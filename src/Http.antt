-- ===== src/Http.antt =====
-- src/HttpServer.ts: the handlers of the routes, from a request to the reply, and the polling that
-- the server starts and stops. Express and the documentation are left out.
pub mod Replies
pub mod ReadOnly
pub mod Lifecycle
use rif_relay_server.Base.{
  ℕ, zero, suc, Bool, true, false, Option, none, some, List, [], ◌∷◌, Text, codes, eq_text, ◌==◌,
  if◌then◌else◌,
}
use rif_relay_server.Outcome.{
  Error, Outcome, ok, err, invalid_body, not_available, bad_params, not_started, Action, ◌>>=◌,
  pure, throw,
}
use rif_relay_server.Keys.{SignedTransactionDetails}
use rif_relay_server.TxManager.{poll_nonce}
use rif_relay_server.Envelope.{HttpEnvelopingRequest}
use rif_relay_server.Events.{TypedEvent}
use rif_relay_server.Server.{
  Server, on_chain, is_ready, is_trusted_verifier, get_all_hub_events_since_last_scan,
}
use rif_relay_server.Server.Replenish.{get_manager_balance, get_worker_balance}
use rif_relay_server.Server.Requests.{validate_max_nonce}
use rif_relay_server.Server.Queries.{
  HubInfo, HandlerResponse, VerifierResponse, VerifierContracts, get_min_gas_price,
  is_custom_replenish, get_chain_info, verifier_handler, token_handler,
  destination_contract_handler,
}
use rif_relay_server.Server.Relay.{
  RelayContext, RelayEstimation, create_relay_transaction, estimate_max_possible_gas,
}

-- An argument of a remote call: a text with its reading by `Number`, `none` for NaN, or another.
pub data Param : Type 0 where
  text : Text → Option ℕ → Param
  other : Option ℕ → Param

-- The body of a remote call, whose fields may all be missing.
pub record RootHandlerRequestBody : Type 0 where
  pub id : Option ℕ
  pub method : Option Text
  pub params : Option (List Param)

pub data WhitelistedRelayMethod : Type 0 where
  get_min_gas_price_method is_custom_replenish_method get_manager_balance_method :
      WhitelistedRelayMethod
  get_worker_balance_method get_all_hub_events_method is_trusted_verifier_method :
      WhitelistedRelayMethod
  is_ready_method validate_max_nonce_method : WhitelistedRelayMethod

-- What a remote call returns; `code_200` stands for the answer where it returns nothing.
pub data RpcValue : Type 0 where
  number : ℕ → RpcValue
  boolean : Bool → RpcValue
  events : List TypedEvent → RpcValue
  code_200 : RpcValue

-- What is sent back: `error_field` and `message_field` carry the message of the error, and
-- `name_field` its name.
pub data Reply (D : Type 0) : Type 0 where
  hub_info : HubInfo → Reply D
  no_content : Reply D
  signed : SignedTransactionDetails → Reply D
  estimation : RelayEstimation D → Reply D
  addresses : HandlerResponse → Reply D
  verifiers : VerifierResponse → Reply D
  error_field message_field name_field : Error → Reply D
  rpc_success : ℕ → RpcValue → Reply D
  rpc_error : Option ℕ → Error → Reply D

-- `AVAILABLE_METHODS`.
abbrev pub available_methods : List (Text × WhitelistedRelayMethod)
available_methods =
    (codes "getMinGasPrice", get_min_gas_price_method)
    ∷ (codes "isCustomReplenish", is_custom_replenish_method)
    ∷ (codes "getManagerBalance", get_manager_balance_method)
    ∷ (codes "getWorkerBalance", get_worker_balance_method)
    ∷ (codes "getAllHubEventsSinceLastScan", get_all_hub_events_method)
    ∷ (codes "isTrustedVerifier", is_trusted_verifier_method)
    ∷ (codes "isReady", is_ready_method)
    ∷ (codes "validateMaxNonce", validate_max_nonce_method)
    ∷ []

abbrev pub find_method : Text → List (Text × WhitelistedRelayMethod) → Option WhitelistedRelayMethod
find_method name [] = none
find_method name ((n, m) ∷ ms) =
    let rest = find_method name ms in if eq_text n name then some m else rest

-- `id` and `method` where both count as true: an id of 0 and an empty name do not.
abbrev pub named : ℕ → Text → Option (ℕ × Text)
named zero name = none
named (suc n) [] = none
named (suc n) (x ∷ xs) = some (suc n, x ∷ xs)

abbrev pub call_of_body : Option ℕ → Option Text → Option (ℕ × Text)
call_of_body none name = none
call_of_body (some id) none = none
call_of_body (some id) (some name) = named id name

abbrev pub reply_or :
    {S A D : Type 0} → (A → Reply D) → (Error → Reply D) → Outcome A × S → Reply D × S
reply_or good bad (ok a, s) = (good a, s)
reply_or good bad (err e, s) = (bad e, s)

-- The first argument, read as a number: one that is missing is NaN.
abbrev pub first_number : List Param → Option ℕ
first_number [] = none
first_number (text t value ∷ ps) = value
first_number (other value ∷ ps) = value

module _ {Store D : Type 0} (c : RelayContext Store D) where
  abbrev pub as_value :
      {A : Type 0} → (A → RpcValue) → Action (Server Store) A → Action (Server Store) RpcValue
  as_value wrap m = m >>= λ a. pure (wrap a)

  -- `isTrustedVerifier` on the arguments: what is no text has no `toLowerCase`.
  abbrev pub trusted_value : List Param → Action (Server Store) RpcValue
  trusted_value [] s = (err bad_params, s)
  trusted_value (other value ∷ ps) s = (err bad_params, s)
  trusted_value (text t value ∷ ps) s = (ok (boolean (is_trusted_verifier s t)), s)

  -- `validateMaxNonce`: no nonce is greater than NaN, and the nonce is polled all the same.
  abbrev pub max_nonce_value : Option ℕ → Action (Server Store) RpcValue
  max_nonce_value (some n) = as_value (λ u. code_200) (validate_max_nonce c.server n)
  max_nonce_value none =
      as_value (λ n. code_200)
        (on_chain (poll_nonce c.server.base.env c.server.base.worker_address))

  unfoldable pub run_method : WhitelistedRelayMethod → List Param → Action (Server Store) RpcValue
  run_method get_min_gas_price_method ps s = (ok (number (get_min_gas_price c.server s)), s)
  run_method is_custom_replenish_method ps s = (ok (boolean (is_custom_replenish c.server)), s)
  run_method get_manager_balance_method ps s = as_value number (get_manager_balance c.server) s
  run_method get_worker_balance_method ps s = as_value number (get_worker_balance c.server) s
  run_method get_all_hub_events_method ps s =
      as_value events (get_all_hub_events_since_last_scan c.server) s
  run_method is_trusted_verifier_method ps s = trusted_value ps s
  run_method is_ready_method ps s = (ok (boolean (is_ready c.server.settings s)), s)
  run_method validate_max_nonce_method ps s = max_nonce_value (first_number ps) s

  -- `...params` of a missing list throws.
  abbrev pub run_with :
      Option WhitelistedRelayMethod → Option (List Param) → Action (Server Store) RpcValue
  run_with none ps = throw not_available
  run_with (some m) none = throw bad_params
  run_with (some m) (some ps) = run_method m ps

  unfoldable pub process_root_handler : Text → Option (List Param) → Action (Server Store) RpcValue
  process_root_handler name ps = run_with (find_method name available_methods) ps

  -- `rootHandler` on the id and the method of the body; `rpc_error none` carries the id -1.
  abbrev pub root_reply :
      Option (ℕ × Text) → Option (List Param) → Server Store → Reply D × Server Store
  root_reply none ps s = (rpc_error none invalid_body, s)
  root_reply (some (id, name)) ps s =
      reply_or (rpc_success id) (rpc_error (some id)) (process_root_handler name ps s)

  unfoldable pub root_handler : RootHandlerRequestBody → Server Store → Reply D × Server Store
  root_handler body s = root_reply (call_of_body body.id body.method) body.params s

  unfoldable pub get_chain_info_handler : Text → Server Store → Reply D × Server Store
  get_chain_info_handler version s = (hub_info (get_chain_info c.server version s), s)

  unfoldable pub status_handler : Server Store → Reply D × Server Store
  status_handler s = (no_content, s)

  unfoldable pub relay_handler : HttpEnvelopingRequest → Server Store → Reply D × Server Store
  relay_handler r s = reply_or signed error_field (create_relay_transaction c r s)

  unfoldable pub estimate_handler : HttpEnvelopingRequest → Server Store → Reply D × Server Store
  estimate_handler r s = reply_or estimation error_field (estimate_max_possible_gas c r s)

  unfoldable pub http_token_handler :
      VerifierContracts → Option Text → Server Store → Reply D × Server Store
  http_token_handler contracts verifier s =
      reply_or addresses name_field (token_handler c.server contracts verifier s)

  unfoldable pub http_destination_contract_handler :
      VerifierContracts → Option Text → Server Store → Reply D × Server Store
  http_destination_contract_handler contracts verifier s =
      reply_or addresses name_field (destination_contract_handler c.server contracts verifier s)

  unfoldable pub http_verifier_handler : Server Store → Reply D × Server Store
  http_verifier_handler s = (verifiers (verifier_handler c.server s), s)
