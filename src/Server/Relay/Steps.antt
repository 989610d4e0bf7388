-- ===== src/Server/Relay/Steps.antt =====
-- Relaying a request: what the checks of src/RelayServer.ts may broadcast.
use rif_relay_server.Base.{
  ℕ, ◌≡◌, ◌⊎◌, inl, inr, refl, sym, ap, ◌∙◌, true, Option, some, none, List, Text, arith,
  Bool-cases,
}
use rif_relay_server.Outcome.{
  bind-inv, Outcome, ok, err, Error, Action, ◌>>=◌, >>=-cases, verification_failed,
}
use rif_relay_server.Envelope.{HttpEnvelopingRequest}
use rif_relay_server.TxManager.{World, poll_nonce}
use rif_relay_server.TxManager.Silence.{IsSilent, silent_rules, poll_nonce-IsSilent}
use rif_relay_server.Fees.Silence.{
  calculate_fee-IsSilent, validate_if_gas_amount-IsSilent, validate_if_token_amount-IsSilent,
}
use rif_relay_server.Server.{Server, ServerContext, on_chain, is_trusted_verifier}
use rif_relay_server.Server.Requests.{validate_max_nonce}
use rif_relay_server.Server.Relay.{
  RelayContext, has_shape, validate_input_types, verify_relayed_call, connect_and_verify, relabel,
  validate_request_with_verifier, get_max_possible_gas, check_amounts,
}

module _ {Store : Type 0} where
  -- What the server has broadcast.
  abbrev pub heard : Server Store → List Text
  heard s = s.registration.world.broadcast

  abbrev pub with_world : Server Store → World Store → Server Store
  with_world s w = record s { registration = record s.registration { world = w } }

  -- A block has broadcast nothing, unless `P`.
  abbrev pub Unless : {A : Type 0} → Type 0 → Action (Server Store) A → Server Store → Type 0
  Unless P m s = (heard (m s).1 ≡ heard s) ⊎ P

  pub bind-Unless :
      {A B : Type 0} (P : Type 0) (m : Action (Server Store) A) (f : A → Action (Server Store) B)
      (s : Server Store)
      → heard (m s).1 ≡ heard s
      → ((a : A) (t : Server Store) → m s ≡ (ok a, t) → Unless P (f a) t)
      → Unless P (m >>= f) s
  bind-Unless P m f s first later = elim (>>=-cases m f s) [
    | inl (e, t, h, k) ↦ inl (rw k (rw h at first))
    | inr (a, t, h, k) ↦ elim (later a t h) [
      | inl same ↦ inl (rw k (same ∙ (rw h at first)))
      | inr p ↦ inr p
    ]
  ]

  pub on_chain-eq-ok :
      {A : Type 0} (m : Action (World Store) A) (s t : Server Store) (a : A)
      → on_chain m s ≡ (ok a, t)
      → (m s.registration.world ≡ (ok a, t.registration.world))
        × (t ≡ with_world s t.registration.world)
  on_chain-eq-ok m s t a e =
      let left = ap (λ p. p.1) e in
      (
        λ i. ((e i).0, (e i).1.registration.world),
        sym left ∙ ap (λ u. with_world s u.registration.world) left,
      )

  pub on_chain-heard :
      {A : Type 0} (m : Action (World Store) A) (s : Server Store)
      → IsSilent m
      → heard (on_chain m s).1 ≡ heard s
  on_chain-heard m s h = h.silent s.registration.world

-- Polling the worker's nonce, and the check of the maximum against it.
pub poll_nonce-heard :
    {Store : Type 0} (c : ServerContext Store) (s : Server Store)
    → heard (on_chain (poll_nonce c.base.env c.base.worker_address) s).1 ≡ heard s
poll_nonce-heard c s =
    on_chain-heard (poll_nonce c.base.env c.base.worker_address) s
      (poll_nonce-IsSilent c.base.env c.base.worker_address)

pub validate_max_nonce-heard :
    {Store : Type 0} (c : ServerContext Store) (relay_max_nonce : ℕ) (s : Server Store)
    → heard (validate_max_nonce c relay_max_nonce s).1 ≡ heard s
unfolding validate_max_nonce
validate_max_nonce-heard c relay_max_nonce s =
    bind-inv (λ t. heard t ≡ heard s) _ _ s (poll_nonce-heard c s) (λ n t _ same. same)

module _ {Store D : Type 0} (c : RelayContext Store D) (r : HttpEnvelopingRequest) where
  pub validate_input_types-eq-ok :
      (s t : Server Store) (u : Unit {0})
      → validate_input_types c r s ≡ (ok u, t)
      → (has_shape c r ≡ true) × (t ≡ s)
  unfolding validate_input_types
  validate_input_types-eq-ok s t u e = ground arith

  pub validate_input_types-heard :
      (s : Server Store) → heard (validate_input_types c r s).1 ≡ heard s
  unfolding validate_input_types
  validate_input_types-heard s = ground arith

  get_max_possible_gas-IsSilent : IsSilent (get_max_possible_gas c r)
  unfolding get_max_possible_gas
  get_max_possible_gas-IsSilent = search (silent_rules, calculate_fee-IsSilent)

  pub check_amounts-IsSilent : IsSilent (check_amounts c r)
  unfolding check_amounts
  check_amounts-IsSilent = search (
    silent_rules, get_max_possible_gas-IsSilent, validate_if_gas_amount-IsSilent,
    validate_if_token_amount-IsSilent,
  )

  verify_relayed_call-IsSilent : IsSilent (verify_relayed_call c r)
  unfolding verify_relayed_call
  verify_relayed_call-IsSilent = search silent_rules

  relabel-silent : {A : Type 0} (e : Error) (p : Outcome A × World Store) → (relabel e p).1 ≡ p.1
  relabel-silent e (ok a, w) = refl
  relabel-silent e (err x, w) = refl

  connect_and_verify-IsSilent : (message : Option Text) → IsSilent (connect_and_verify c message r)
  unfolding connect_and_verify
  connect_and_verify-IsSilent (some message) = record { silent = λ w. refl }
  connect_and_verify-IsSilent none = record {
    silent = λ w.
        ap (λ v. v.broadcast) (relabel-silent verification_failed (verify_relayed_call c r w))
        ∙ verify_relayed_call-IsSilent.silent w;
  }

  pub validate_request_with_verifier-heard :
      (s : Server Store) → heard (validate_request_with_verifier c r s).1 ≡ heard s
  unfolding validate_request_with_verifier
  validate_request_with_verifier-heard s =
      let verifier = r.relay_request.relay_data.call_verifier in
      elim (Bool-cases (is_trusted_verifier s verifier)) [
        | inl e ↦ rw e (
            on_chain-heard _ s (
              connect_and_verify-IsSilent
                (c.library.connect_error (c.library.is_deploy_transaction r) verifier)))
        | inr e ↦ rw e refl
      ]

* * *

> [Exercise directions]:
Reproduce exactly the lines above from the line with "run_method is_custom_replenish_method ps" to the line with "missing list throws.", including both, and add nothing.

> [Response to this exercise]:
  run_method is_custom_replenish_method ps s = (ok (boolean (is_custom_replenish c.server)), s)
  run_method get_manager_balance_method ps s = as_value number (get_manager_balance c.server) s
  run_method get_worker_balance_method ps s = as_value number (get_worker_balance c.server) s
  run_method get_all_hub_events_method ps s =
      as_value events (get_all_hub_events_since_last_scan c.server) s
  run_method is_trusted_verifier_method ps s = trusted_value ps s
  run_method is_ready_method ps s = (ok (boolean (is_ready c.server.settings s)), s)
  run_method validate_max_nonce_method ps s = max_nonce_value (first_number ps) s

  -- `...params` of a missing list throws.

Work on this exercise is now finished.